In 1981, Nintendo broke into the arcade game market in North America with one of the first platform video games, Donkey Kong. Unlike Pac-Man or some early shooter games (Anyone remember Atari's River Raid?), Donkey Kong featured platforms, jumping characters, and a comic storyline. But where was the donkey? Was the name a mistake? Should we care?
For his first video game design, the creator, the legendary Shigeru Miyamoto, reworked the Popeye the Sailor storyline or the plot of the movie King Kong (1933, with Fay Wray). Set in a construction site, the game pits the carpenter (first named Mr Video, Jumpman, or Mario before he teamed up with his brother Luigi and moved to plumbing) against a large ape (Donkey Kong) who has kidnapped The Lady/Pauline (Perils of).
People have offered several explanations for why the ape is named Donkey Kong: mispronounced words over the telephone, a misread fax, mistranslation from Japanese to English. One urban legend claims the ape was supposed to be named Monkey Kong.
(These and other explanations are documented at "Donkey Wrong", posted on Snopes.com, a reliable urban legend and rumour debunking site.)
However, Miyamoto insists he came up with the ape's name from word associations in Japanese popular culture and contact with the English language. Japanese speakers had borrowed in the English "King Kong" (or just "Kong") as a colloquial name for a big, threatening ape, not unlike the way "Kong" is sometimes used in English-speaking popular culture. Then, looking for a suitable English word for "stupid, foolish", Miyamoto chose donkey, the animal often associated with extreme stubbornness.
The humble stereotype associated with the word "donkey" may also have worked as a subtle pun, reversing the concept of a king. If so, Miyamoto and Nintendo were zigzagging word associations to avoid copyright infringement on the English name "King Kong".
It's interesting to uncover the "real" story of how Donkey Kong got his name, but urban legends and myths about word origins also tell us something interesting about cultural attitudes, about multilingual understanding, and about how language as we hear or read it can reflect more than we might consciously acknowledge.

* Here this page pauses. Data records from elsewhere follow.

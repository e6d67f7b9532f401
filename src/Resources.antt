-- ===== src/Resources.antt =====
-- monitor_agent/collectors/resources.py: processors, memory and disks. What psutil answers and the
-- operations on floats are parameters.
use employee_tracker.Common.{
  ℕ, ◌/◌, String, Bool, true, false, not, ◌||◌, Option, none, some, List, [], ◌∷◌, map, Result, ok,
  err, value_error, raise_if, ◌>>=◌, length, if◌then◌else◌,
}
use employee_tracker.Common.Int.{ℤ, pos, pos_part, eqb_ℤ}
use employee_tracker.Floats.{FloatOps}
use employee_tracker.Identity.{is_os_error}
use employee_tracker.Models.{
  Float, Json, null, int, float, str, list, dict, items, fields, CollectorPayload, CollectorStatus,
  plain_payload,
}

pub record VirtualMemory : Type 0 where
  pub total : ℕ
  pub available : ℕ
  pub used : ℕ
  pub percent : Float

pub record SwapMemory : Type 0 where
  pub total : ℕ
  pub used : ℕ
  pub percent : Float

pub record DiskUsage : Type 0 where
  pub total : ℕ
  pub used : ℕ
  pub free : ℕ
  pub percent : Float

-- A partition, with what `psutil.disk_usage` of its mount point gives.
pub record DiskPartition : Type 0 where
  pub device : String
  pub mountpoint : String
  pub fstype : String
  pub usage : Result DiskUsage

-- What psutil answers; a frequency or a load average that the platform does not have is `none`.
pub record Gauges : Type 0 where
  pub physical_cores : Result (Option ℤ)
  pub logical_cores : Result (Option ℤ)
  pub cpu_percent : Result (List Float)
  pub cpu_freq : Result (Option Float)
  pub load_average : Result (Option (List Float))
  pub virtual_memory : Result VirtualMemory
  pub swap_memory : Result SwapMemory
  pub partitions : Result (List DiskPartition)

-- Python's arithmetic here: the float zero, `round(sum(values) / len(values), 2)`, and
-- `round(size / 1024**3, 2)`.
pub record Rounding : Type 0 where
  pub zero_float : Float
  pub mean : List Float → Float
  pub gigabytes : ℕ → Float

-- The guard of `ResourceCollector.__init__`.
unfoldable pub check_sample : FloatOps → Float → Result (Unit {0})
check_sample f cpu_sample_sec =
    raise_if (not (f.is_finite cpu_sample_sec) || f.lt cpu_sample_sec (f.tenths 0)) value_error
      "cpu_sample_sec must be finite and non-negative"

-- `max(0, count or default)`
unfoldable pub core_count : Option ℤ → ℕ → ℕ
core_count none default_count = default_count
core_count (some n) default_count = if eqb_ℤ n (pos 0) then default_count else pos_part n

abbrev mean_or_zero : Rounding → List Float → Float
mean_or_zero r [] = r.zero_float
mean_or_zero r (x ∷ xs) = r.mean (x ∷ xs)

abbrev nullable_float : Option Float → Json
nullable_float none = null
nullable_float (some x) = float x

abbrev float_list : List Float → Json
float_list xs = list (items (map (λ x. float x) xs))

abbrev nullable_floats : Option (List Float) → Json
nullable_floats none = null
nullable_floats (some xs) = float_list xs

-- `_collect_cpu`
unfoldable pub collect_cpu : Rounding → Gauges → Result Json
collect_cpu r g = g.physical_cores >>= λ physical. g.logical_cores >>= λ logical.
    g.cpu_percent >>= λ percentages. g.cpu_freq >>= λ frequency. g.load_average >>= λ load_average.
    ok (
      dict (
        fields (
          ("physical_cores", int (pos (core_count physical 0)))
          ∷ ("logical_cores", int (pos (core_count logical (length percentages))))
          ∷ ("percent_total", float (mean_or_zero r percentages))
          ∷ ("percent_per", float_list percentages)
          ∷ ("freq_mhz", nullable_float frequency)
          ∷ ("load_avg", nullable_floats load_average)
          ∷ [])))

abbrev kilobytes : ℕ → Json
kilobytes n = int (pos (n / 1024))

-- `_collect_memory`
unfoldable pub collect_memory : Gauges → Result Json
collect_memory g = g.virtual_memory >>= λ ram. g.swap_memory >>= λ swap. ok (
    dict (
      fields (
        (
          "ram",
          dict (
              fields (
                ("total_kb", kilobytes ram.total)
                ∷ ("available_kb", kilobytes ram.available)
                ∷ ("used_kb", kilobytes ram.used)
                ∷ ("percent", float ram.percent)
                ∷ [])),
        )
        ∷ (
          "swap",
          dict (
              fields (
                ("total_kb", kilobytes swap.total)
                ∷ ("used_kb", kilobytes swap.used)
                ∷ ("percent", float swap.percent)
                ∷ [])),
        )
        ∷ [])))

unfoldable pub disk_value : Rounding → DiskPartition → DiskUsage → Json
disk_value r p u = dict (
    fields (
      ("device", str p.device)
      ∷ ("mountpoint", str p.mountpoint)
      ∷ ("fstype", str p.fstype)
      ∷ ("total_gb", float (r.gigabytes u.total))
      ∷ ("used_gb", float (r.gigabytes u.used))
      ∷ ("free_gb", float (r.gigabytes u.free))
      ∷ ("percent", float u.percent)
      ∷ []))

-- The loop of `_collect_disks`: the disks, and `disk_access_partial`.
unfoldable pub scan_disks : Rounding → List DiskPartition → Result (List Json × Bool)
scan_disks r [] = ok ([], false)
scan_disks r (p ∷ partitions) = elim p.usage [
  | ok u ↦ scan_disks r partitions >>= λ rest. ok (disk_value r p u ∷ rest.0, rest.1)
  | err e ↦
      if is_os_error e.class then scan_disks r partitions >>= (λ rest. ok (rest.0, true)) else err e
]

-- `_collect_disks`
unfoldable pub collect_disks : Rounding → Gauges → Result (List Json × Bool)
collect_disks r g = g.partitions >>= scan_disks r

unfoldable pub resources_payload : Json → Json → List Json → Bool → CollectorPayload
resources_payload cpu memory disks disk_access_partial =
    let data_value =
      dict (fields (("cpu", cpu) ∷ ("memory", memory) ∷ ("disks", list (items disks)) ∷ [])) in
    if disk_access_partial
    then record {
      data_value = data_value;
      status = CollectorStatus.partial;
      error_code = some "disk_access_partial";
      error_message = some "some disks unavailable";
    }
    else plain_payload data_value

-- `ResourceCollector.collect`
unfoldable pub collect_resources : Rounding → Gauges → Result CollectorPayload
collect_resources r g = collect_cpu r g >>= λ cpu. collect_memory g >>= λ memory.
    collect_disks r g >>= λ disks. ok (resources_payload cpu memory disks.0 disks.1)
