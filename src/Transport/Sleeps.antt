-- ===== src/Transport/Sleeps.antt =====
-- How long `send` sleeps between two requests.
use employee_tracker.Common.{
  ℕ, zero, suc, ◌+◌, ◌-◌, ◌^◌, ◌<◌, ◌≡◌, refl, inl, inr, false, not, ◌||◌, Option, none, some, ok,
  arith, Bool-cases, Result-cases, Option-cases, ◌==◌, All, String,
}
use employee_tracker.Common.Int.{ℤ, ◌-ℤ◌}
use employee_tracker.Models.{as_string, Float, Fields, DeliveryResult}
use employee_tracker.Floats.{FloatOps, FloatLaws, float_min, float_max, float_min-le, lt_weaken}
use employee_tracker.Transport.Delay.{
  Parsers, to_utc, safe_random_value, jittered, retry_delay, parse_retry_after,
}
use employee_tracker.Transport.Delivery.{
  Transport, Session, Outcome, attempt_result, Response, validate_payload, request_of, retry_after,
  round_of, send_loop, send, is_retriable,
}

module _ (f : FloatOps) (laws : FloatLaws f) where
  -- `x <= n / 10`, for an x that is a number
  abbrev pub AtMost : ℕ → Float → Type 0
  AtMost n x = f.lt (f.tenths n) x ≡ false

  -- A delay that the server asks for is cut to 60 seconds.
  parse_retry_after-AtMost :
      (p : Parsers) (now : ℤ) (value : String) (a : Float)
      → parse_retry_after f p now value ≡ ok (some a)
      → AtMost 600 a
  unfolding parse_retry_after
  parse_retry_after-AtMost p now value a h = elim (Option-cases (p.parse_float value)) [
    | inl no_number ↦ elim (Result-cases (p.parse_date value)) [
      | inr (x, bad) ↦ ground arith
      | inl (none, no_date) ↦ ground arith
      | inl (some date, e) ↦ elim (Result-cases (to_utc date)) [
        | inr (x, bad) ↦ ground arith
        | inl (moment, e') ↦
            let delay = f.total_seconds (moment -ℤ now) in
            ground (arith, float_min-le f laws (f.tenths 600) (float_max f (f.tenths 0) delay))
      ]
    ]
    | inr (delay, e) ↦
        ground (arith, float_min-le f laws (f.tenths 600) (float_max f (f.tenths 0) delay))
  ]

  safe_random_value-AtMost : (o : Option Float) → AtMost 10 (safe_random_value f o)
  unfolding safe_random_value
  safe_random_value-AtMost none = laws.tenths_order 10 0 (omega arith) (omega arith)
  safe_random_value-AtMost (some v) = ground (
    arith,
    laws.tenths_order 10 0,
    float_min-le f laws (f.tenths 10) (float_max f (f.tenths 0) v),
  )

  float_min-number :
      (n : ℕ) (x : Float) → n < 1000000 → f.is_nan (float_min f (f.tenths n) x) ≡ false
  float_min-number n x small = ground (arith, laws.tenths_number n, laws.nan_left x (f.tenths n))

  float_min-nonneg :
      (n : ℕ) (x : Float)
      → n < 1000000
      → f.lt x (f.tenths 0) ≡ false
      → f.lt (float_min f (f.tenths n) x) (f.tenths 0) ≡ false
  float_min-nonneg n x small h = ground (arith, laws.tenths_order n 0)

  -- A share of at most one of a delay that is at most n tenths of a second.
  mul-AtMost :
      (n : ℕ) (m v : Float)
      → f.is_nan m ≡ false
      → f.lt m (f.tenths 0) ≡ false
      → AtMost n m
      → AtMost 10 v
      → AtMost n (f.mul m v)
  mul-AtMost n m v number nonneg bound share =
      ground (arith, laws.cotrans (f.tenths n) m (f.mul m v), laws.mul_unit m v nonneg share)

  jittered-AtMost : (n : ℕ) (o : Option Float) (d : Float) → jittered f n o ≡ ok d → AtMost 300 d
  unfolding jittered
  jittered-AtMost n o d h = elim (Option-cases (f.of_int (2 ^ (n - 1)))) [
    | inl overflow ↦ ground arith
    | inr (power, e) ↦
        let x = f.mul (f.tenths 5) power in
        let positive =
          laws.mul_nonneg (f.tenths 5) power (laws.tenths_order 5 0 (omega arith) (omega arith))
            (laws.of_int_nonneg (2 ^ (n - 1)) power e) in
        let bound =
          mul-AtMost 300 (float_min f (f.tenths 300) x) (safe_random_value f o)
            (float_min-number 300 x (omega arith)) (float_min-nonneg 300 x (omega arith) positive)
            (float_min-le f laws (f.tenths 300) x) (safe_random_value-AtMost o) in
        ground (arith, bound)
  ]

  -- Every delay is at most n tenths where the delay that the server asked for is, n at least 300.
  retry_delay-AtMost :
      (n : ℕ) (o : Option Float) (asked : Option Float) (d : Float)
      → ((a : Float) → asked ≡ some a → AtMost 600 a)
      → retry_delay f n o asked ≡ ok d
      → AtMost 600 d
  unfolding retry_delay
  retry_delay-AtMost n o none d cut h =
      lt_weaken f laws 300 600 d (omega arith) (omega arith) (jittered-AtMost n o d h)
  retry_delay-AtMost n o (some a) d cut h = elim (Result-cases (jittered f n o)) [
    | inr (e, bad) ↦ ground arith
    | inl (j, good) ↦ ground (
      arith,
      cut a refl,
      lt_weaken f laws 300 600 j (omega arith) (omega arith) (jittered-AtMost n o j good),
    )
  ]

  retry_after-AtMost :
      (p : Parsers) (now : ℤ) (r : Response) (a : Float)
      → retry_after f p now r ≡ ok (some a)
      → AtMost 600 a
  unfolding retry_after
  retry_after-AtMost p now r a h = elim (Option-cases r.headers) [
    | inl no_headers ↦ ground arith
    | inr (get, e) ↦ elim (Option-cases (get "Retry-After")) [
      | inl absent ↦ ground arith
      | inr (value, e') ↦ elim (Option-cases (as_string value)) [
        | inl no_text ↦ ground arith
        | inr (raw, e'') ↦ ground (arith, parse_retry_after-AtMost p now raw a)
      ]
    ]
  ]

  attempt_result-AtMost :
      (p : Parsers) (now : ℤ) (n : ℕ) (o : Outcome) (r : DeliveryResult) (asked : Option Float)
      (a : Float)
      → attempt_result f p now n o ≡ ok (r, asked)
      → asked ≡ some a
      → AtMost 600 a
  unfolding attempt_result
  attempt_result-AtMost p now n (Outcome.response q) r asked a h e =
      ground (arith, retry_after-AtMost p now q a)
  attempt_result-AtMost p now n _ r asked a h e = ground arith

  send_loop-AtMost :
      (p : Parsers) (t : Transport) (s : Session) (payload : Fields) (left attempt : ℕ)
      → All (AtMost 600) (send_loop f p t s payload left attempt).1
  unfolding send_loop round_of
  send_loop-AtMost p t s payload zero attempt = tt
  send_loop-AtMost p t s payload (suc left) attempt =
      elim (Result-cases (round_of f p t s payload attempt)) [
        | inr (e, bad) ↦ rw (send_loop, bad) tt
        | inl ((r, asked), good) ↦
            elim (Bool-cases (not (is_retriable r.kind) || attempt == t.max_attempts)) [
              | inl stop ↦ rw (send_loop, good, stop) tt
              | inr go ↦
                  elim (Result-cases (retry_delay f attempt (s.random_value attempt) asked)) [
                    | inr (e, bad) ↦ rw (send_loop, good, go, bad) tt
                    | inl (d, waits) ↦
                        rw (send_loop, good, go, waits)
                          (
                            retry_delay-AtMost attempt (s.random_value attempt) asked d
                                (λ a e.
                                  attempt_result-AtMost p (s.current_time attempt) attempt
                                    (s.post attempt (request_of t payload)) r asked a good e)
                                waits,
                            send_loop-AtMost p t s payload left (attempt + 1),
                          )
                  ]
            ]
      ]

  -- `send` never sleeps for more than 60 seconds, whatever the server asks for in its Retry-After
  -- header, by the named facts of float arithmetic.
  pub send_sleeps_bounded :
      (p : Parsers) (t : Transport) (s : Session) (payload : Fields)
      → All (AtMost 600) (send f p t s payload).1
  unfolding send
  send_sleeps_bounded p t s payload = elim (Result-cases (validate_payload payload)) [
    | inr (e, bad) ↦ rw (send, bad) tt
    | inl (u, good) ↦ rw (send, good) (send_loop-AtMost p t s payload t.max_attempts 1)
  ]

Since 1909, the Christmas song Twelve Days of Christmas includes the line "Four calling birds", but the 1780 English version has "Four colly birds", birds black as coal.
If we believe Miyamoto, the name Donkey Kong arose not from creative mishearing or misreading, but because the game creators reworked English-language popular culture (cartoons, movies), romance myths, and stereotypes of animal behaviour to trigger certain word associations for an English-speaking audience (and consumers).